Потом захват ослаб и исчез совсем. Жадно глотая воздух и плача от счастья и боли, Несса соскользнула с кресла и попробовала отползти в сторону – но силы окончательно оставили ее, и она распласталась на ковре. Мир перед глазами дробился и дрожал, и Несса видела то витую ножку кресла, то собственные скрюченные пальцы, то разорванную змейку колье: одно из креплений не выдержало и разогнулось, дав своей новой хозяйке еще один шанс. Один из рубинов кроваво ей подмигнул: не сегодня.
– Не стоило тебе миловаться со своим эфенди настолько открыто, – голос Шани звучал откуда-то издалека, хотя Несса теперь прекрасно видела его самого: император присел рядом с ней и, приподняв Нессу, устроил ее голову у себя на коленях – совершенно семейно, по-домашнему, и именно от этого страх перетек в подлинный парализующий ужас.
– Я не…, – только и смогла прошептать Несса.
– Ладно, ладно. Молчи, – Шани провел пальцами по ее шее, и Несса сжалась в ожидании того, что он сейчас возьмет и доведет начатое дело до конца. – Держи милорда Кембери на расстоянии. И помни о дистанции сама. Но это все ерунда, по большому счету. А знаешь, что на самом деле важно?
– Что? – промолвила Несса, уже не зная, к какой муке готовиться.
– Мне сообщили о Третьем пришествии. Твой отец покинул дом и начал проповеди в Загорье.
Несса вскочила – откуда только силы взялись. Сказанное звучало настолько шокирующе, что не могло быть ничем, кроме правды.
– Он открыто и лично объявил себя Заступником, – сказал Шани, тоже поднимаясь на ноги. – Деревенщина сличает его с фресками в храме и слушает, раскрыв рты. Пока он плетет им сказки о мире, добре и согласии, но кое-кто под эти сладкие песни уже задается вопросом, почему это владыка Небесный решил спровадить на тот свет владыку земного, и как это надежа-государь едва не отправил Заступника на костер. И слухи ползут из Загорья дальше.
– Быть не может…, – проговорила Несса. – Андрей никогда бы не стал, нет… Шани, это неправда!
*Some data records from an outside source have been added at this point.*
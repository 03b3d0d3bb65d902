-- ===== src/Log/Format.antt =====
-- `Anbo_Format_V`: the loop over a format string. A string is the list of its characters, without
-- the zero that ends it.
use anbo_mos.Common.{
  ℕ, zero, suc, ◌+◌, ◌-◌, ◌*◌, ◌%◌, ◌^◌, Bool, ◌&&◌, ◌||◌, not, Option, none, some, List, [], ◌∷◌,
  ◌++◌, ltb, ◌==◌, if◌then◌else◌, length, take, replicate, add32,
}
use anbo_mos.Log.{i32_to_dec, u32_to_dec, u32_to_hex}

-- What `va_arg` takes: a word, or a pointer to a string.
pub data Arg : Type 0 where
  word : ℕ → Arg
  text : Option (List ℕ) → Arg

-- `bad_args` is a call of `va_arg` that the C standard leaves undefined; `overrun` is a write past the
-- array of a conversion; `out_of_rounds` means that the bound on the rounds was too small.
pub data Outcome : Type 0 where
  done : (out : List ℕ) → Outcome
  bad_args : Outcome
  overrun : Outcome
  out_of_rounds : Outcome

-- `if (*p == '0')`: the pad character, and what follows.
unfoldable pub pad_flag : List ℕ → ℕ × List ℕ
pad_flag [] = (32, [])
pad_flag (c ∷ p) = if c == 48 then (48, p) else (32, c ∷ p)

-- The loop `while (*p >= '1' && *p <= '9')`.
unfoldable pub width_loop : (width : ℕ) → List ℕ → ℕ × List ℕ
width_loop width [] = (width, [])
width_loop width (c ∷ p) =
    let rest = width_loop (add32 ((width * 10) % 2 ^ 32) (c - 48)) p in
    if ltb 48 c && ltb c 58 then rest else (width, c ∷ p)

-- `for (k = 0u; k < n && pos < size; k++) buf[pos++] = s[k];`
abbrev pub put_all : (size : ℕ) → (out s : List ℕ) → List ℕ
put_all size out s = out ++ take (size - length out) s

-- The two loops behind the conversion of a number.
abbrev pub put_number : (size width pad : ℕ) → (out : List ℕ) → Option (List ℕ × ℕ) → Outcome
put_number size width pad out none = overrun
put_number size width pad out (some (digits, n)) = done (
    put_all size (put_all size out (replicate (if ltb n width then width - n else 0) pad))
      (take n digits))

-- "(null)"
abbrev pub null_text : List ℕ
null_text = 40 ∷ 110 ∷ 117 ∷ 108 ∷ 108 ∷ 41 ∷ []

abbrev pub text_of : Option (List ℕ) → List ℕ
text_of none = null_text
text_of (some s) = s

-- The cases that take an argument.
unfoldable pub convert : (size width pad c : ℕ) → Arg → (out : List ℕ) → Outcome
unfolding i32_to_dec u32_to_dec u32_to_hex
convert size width pad c (word v) out =
    if c == 100
    then put_number size width pad out (i32_to_dec 12 v)
    else if c == 117
    then put_number size width pad out (u32_to_dec 10 v)
    else if c == 120
    then put_number size width pad out (u32_to_hex 8 v)
    else if c == 99
    then done (out ++ (v % 2 ^ 8) ∷ [])
    else bad_args
convert size width pad c (text s) out =
    if c == 115 then done (put_all size out (text_of s)) else bad_args

abbrev pub takes_arg : ℕ → Bool
takes_arg c = (c == 100) || (c == 117) || (c == 120) || (c == 115) || (c == 99)

-- `case '%'` and `default`.
abbrev pub put_plain : (size c : ℕ) → List ℕ → List ℕ
put_plain size c out = if c == 37 then out ++ 37 ∷ [] else put_all size out (37 ∷ c ∷ [])

-- The `switch`, and what is left of the arguments.
unfoldable pub conversion : (size width pad c : ℕ) → List Arg → (out : List ℕ) → Outcome × List Arg
unfolding convert
conversion size width pad c [] out =
    (if takes_arg c then bad_args else done (put_plain size c out), [])
conversion size width pad c (a ∷ args) out =
    if takes_arg c
    then (convert size width pad c a out, args)
    else (done (put_plain size c out), a ∷ args)

-- The loop over the format; `size` has been reduced by the byte of the final zero.
unfoldable pub format_loop : ℕ → (size : ℕ) → (fmt : List ℕ) → List Arg → (out : List ℕ) → Outcome
unfolding pad_flag width_loop conversion
format_loop zero size fmt args out = out_of_rounds
format_loop (suc fuel) size [] args out = done out
format_loop (suc fuel) size (c ∷ fmt) args out =
    let plain = format_loop fuel size fmt args (out ++ c ∷ []) in
    let (pad, p) = pad_flag fmt in
    let (width, q) = width_loop 0 p in
    if not (ltb (length out) size) then done out else if not (c == 37) then plain else elim q [
      | [] ↦ done out
      | ◌∷◌ spec rest ↦
          let (result, args') = conversion size width pad spec args out in
          elim result [
            | done o ↦ format_loop fuel size rest args' o
            | bad_args ↦ bad_args
            | overrun ↦ overrun
            | out_of_rounds ↦ out_of_rounds
          ]
    ]

-- `none` for `buf` or `fmt` is `NULL`: nothing is written.
unfoldable pub format_v : (size : ℕ) → (fmt : Option (List ℕ)) → List Arg → Outcome
unfolding format_loop
format_v size none args = done []
format_v size (some fmt) args =
    if size == 0 then done [] else format_loop (length fmt + 1) (size - 1) fmt args []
– Это правда, – устало проронил император и отошел к окну. На столицу наползал циклон, неся осенние дожди на несколько месяцев: глядя на темно-серые тучи, непроницаемые для света, Несса видела в них грозное знамение. – Он забыл про наш договор, и знала бы ты, как я хотел, – Шани сделал паузу и поправился: – как я хочу отправить к нему курьера с твоей головой в коробке. А я обычно делаю то, что хочу. Особенно в критических случаях.
Несса не удержала возгласа боли – так стонет раненое животное, в котором засел смертоносный арбалетный болт. Шани оценивающе посмотрел на нее, словно прикидывал, как именно будет отделять голову от тела; Несса зажмурилась, словно в ожидании удара.
Мягкие шаги. Запах дорогого одеколона и обреченной ярости.
– Береги наследника, – негромко произнес Шани. – Он единственный, кто сейчас может тебя спасти.
* * *
Влад Дичок по прозвищу Пират, корреспондент «Столичного Вестника», уже битый час отирался возле решетки дворцового сада, ожидая, когда раскроются узорные ворота, и их величества отправятся в собор Заступника Милостивого на мессу. Тонкий клетчатый сюртук – традиционная одежда представителей его профессии – нимало не защищал от осеннего ветра, а маленькая круглая шляпа с пером намокла после недавнего дождя и сконфуженно опустила поля. Влад, впрочем, игнорировал эти мелкие неприятности: возможность опубликовать в завтрашнем выпуске «Вестника» интервью с самим государем грела его получше солнышка в вешний день.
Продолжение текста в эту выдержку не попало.